EXERCISE MATERIALS: Begin

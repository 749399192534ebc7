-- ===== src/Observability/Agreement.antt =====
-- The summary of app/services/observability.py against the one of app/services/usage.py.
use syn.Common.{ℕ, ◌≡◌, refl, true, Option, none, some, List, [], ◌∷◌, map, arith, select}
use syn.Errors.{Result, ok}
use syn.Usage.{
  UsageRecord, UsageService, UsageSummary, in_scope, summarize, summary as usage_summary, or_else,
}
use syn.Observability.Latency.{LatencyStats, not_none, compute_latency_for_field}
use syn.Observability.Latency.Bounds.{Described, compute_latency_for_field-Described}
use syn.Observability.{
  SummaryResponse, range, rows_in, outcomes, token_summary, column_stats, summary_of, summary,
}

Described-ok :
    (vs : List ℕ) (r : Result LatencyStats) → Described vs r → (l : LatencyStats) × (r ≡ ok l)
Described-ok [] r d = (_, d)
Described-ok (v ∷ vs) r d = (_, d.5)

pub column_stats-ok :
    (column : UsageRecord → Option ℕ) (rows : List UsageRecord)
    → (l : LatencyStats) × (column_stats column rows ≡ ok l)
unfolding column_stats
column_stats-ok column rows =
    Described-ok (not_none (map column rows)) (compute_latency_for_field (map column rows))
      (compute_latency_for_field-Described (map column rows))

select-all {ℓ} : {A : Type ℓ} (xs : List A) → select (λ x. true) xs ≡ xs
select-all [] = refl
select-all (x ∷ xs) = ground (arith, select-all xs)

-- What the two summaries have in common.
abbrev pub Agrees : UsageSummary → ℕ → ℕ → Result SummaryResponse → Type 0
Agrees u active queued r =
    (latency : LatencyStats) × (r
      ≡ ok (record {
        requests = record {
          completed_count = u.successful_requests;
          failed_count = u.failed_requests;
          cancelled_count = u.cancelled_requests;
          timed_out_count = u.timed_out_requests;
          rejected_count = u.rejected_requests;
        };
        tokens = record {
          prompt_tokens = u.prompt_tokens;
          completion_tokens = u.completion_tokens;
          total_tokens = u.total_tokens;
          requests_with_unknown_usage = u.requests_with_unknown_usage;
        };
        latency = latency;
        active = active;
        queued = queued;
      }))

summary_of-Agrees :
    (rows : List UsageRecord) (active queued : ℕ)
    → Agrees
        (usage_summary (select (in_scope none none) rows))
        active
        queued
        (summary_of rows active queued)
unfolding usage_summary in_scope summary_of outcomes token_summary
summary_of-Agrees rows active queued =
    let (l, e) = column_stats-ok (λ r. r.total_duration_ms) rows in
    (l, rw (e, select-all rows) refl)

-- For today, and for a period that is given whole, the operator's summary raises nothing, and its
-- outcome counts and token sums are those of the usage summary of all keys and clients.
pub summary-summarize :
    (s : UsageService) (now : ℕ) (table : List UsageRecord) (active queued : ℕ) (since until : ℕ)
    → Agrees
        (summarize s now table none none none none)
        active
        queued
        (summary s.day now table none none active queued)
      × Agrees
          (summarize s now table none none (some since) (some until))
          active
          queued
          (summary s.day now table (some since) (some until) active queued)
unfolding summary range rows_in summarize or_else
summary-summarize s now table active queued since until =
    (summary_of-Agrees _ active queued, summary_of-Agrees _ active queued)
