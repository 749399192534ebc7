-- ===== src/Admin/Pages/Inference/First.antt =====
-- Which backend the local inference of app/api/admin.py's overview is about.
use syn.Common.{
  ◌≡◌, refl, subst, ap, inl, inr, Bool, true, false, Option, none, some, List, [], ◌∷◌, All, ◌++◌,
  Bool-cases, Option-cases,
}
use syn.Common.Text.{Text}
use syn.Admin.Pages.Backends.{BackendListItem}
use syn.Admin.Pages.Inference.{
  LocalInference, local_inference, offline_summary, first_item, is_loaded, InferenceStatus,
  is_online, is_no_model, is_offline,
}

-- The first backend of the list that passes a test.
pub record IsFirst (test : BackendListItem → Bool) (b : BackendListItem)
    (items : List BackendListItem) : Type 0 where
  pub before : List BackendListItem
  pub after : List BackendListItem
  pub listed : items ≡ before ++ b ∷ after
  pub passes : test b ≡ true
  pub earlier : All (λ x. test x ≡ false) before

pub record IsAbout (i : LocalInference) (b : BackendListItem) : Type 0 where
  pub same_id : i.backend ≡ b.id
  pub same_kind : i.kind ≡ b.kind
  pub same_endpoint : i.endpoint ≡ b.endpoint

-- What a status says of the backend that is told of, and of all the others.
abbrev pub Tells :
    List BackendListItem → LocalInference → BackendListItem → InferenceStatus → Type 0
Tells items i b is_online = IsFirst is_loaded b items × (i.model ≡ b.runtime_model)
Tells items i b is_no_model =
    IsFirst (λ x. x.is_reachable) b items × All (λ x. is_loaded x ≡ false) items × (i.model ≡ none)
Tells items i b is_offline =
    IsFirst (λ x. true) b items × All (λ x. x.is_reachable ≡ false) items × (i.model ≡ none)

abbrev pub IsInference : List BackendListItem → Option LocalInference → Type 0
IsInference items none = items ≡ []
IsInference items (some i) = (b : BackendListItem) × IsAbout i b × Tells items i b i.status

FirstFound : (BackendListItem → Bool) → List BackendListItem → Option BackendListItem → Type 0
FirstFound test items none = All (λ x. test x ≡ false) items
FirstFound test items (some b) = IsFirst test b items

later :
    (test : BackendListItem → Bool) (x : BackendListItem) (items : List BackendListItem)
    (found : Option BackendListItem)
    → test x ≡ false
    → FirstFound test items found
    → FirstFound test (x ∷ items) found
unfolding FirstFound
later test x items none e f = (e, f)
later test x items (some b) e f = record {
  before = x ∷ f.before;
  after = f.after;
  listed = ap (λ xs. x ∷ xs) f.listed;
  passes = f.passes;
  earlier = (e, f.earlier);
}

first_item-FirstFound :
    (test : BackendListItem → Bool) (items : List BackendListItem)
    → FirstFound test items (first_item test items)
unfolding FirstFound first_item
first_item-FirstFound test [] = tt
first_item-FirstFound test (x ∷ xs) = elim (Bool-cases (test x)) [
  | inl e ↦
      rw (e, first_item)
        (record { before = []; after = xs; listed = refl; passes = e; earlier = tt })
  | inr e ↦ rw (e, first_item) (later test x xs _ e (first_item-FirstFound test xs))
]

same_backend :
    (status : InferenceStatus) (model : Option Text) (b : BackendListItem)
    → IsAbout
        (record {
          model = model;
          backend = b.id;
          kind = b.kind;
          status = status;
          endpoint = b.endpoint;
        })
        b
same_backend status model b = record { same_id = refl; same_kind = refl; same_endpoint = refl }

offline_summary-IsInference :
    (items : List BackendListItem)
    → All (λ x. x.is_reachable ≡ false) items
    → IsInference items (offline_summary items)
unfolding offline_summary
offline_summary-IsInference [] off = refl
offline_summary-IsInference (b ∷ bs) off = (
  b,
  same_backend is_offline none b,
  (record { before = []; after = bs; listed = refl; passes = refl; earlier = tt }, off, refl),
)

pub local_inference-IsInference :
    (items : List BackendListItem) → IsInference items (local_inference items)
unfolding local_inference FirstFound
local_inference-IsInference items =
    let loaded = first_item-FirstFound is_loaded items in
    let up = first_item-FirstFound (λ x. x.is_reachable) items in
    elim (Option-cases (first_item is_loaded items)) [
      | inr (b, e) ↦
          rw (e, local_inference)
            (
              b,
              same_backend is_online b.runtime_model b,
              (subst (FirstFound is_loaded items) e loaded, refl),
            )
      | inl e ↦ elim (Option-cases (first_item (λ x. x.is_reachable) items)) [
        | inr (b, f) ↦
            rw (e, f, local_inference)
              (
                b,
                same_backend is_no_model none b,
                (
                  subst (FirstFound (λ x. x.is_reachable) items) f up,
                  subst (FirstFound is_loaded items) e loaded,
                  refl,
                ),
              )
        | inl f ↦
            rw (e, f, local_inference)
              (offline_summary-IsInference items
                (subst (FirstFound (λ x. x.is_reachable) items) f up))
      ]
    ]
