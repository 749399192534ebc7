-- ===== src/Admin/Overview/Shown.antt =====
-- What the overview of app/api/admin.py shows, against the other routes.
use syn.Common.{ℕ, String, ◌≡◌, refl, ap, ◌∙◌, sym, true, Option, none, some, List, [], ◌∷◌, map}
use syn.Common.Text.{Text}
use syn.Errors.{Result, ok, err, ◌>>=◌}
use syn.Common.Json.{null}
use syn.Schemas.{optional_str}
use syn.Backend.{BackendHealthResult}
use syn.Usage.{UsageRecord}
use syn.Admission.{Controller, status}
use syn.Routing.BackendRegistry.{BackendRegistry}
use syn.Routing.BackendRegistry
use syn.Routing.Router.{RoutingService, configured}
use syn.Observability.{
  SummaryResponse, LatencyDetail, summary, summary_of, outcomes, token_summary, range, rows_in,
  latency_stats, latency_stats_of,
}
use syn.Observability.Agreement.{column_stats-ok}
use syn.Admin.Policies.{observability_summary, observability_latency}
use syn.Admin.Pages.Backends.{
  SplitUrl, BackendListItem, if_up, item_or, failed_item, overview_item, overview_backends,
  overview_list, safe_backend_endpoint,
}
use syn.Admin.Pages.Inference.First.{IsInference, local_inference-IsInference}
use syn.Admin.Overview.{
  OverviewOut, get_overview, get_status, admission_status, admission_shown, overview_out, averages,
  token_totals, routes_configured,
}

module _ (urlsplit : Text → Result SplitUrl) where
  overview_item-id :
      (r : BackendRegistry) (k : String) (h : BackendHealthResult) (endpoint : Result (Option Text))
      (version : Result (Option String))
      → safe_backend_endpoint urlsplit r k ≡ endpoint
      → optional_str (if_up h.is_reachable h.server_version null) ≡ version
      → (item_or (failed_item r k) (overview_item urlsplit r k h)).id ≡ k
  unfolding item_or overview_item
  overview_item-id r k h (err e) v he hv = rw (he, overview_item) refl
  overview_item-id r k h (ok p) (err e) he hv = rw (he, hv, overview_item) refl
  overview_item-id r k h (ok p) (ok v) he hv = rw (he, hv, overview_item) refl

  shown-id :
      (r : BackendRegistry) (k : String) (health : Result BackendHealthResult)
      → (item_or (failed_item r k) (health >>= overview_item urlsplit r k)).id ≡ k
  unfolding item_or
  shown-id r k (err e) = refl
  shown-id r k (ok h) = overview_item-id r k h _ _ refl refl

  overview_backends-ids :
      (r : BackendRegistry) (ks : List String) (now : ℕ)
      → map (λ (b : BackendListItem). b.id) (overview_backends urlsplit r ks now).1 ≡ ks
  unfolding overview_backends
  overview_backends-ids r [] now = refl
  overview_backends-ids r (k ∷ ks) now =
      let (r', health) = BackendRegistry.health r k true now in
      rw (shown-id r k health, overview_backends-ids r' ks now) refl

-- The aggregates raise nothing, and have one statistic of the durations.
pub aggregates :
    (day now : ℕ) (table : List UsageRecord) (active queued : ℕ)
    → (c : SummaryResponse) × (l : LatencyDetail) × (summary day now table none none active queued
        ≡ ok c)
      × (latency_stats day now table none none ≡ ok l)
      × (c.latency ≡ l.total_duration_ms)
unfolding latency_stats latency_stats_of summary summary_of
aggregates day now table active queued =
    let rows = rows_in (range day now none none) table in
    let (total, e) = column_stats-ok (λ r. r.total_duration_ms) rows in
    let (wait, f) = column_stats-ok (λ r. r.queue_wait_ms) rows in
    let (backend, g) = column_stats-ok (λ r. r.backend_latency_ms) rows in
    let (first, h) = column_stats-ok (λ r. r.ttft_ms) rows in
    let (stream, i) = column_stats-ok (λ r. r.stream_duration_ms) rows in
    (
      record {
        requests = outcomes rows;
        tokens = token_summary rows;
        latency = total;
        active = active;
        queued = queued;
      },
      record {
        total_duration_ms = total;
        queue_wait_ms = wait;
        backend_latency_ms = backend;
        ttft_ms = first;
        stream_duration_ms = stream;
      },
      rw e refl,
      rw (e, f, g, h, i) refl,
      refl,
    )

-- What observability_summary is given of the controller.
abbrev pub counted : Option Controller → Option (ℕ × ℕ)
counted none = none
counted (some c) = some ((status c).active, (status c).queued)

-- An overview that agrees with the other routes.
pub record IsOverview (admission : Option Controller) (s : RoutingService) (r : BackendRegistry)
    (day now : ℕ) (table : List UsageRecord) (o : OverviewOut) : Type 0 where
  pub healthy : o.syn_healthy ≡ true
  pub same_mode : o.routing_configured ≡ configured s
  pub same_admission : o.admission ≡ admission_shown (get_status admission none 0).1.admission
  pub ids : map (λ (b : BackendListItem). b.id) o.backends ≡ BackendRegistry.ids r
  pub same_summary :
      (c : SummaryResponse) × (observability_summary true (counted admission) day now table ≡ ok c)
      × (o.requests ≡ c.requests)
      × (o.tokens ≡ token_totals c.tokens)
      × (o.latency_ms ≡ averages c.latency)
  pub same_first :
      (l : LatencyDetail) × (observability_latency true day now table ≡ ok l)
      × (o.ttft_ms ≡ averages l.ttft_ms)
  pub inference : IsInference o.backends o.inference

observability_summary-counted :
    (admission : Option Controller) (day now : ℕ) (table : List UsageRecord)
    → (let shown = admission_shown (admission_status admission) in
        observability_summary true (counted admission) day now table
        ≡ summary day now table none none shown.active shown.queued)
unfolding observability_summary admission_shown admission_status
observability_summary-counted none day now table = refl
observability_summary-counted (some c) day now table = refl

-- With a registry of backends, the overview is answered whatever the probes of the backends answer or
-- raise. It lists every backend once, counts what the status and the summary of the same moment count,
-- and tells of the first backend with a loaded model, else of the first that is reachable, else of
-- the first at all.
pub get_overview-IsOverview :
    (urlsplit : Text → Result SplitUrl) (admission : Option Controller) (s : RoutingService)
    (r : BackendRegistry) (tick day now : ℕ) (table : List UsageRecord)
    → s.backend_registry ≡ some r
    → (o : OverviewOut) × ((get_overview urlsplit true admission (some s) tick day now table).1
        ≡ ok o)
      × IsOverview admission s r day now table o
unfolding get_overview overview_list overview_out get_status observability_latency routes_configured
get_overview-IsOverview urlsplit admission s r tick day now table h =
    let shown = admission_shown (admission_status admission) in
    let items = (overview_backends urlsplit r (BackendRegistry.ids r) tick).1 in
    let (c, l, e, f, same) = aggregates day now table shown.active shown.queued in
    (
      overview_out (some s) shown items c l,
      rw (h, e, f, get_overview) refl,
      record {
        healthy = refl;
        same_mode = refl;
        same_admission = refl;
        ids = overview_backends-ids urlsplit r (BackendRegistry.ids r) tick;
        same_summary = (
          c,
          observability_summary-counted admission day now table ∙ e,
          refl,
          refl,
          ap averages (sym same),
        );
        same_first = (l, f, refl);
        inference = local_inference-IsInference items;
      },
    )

EXERCISE MATERIALS: End

WORK TO BE COMPLETED: Print only what lies in the material above starting at the line with "let (r', health)" and ending at the line with "(day now : ℕ) (table : List UsageRecord) (active", every line exactly as given.

RESPONSE TO THIS EXERCISE:
      let (r', health) = BackendRegistry.health r k true now in
      rw (shown-id r k health, overview_backends-ids r' ks now) refl

-- The aggregates raise nothing, and have one statistic of the durations.
pub aggregates :
    (day now : ℕ) (table : List UsageRecord) (active queued : ℕ)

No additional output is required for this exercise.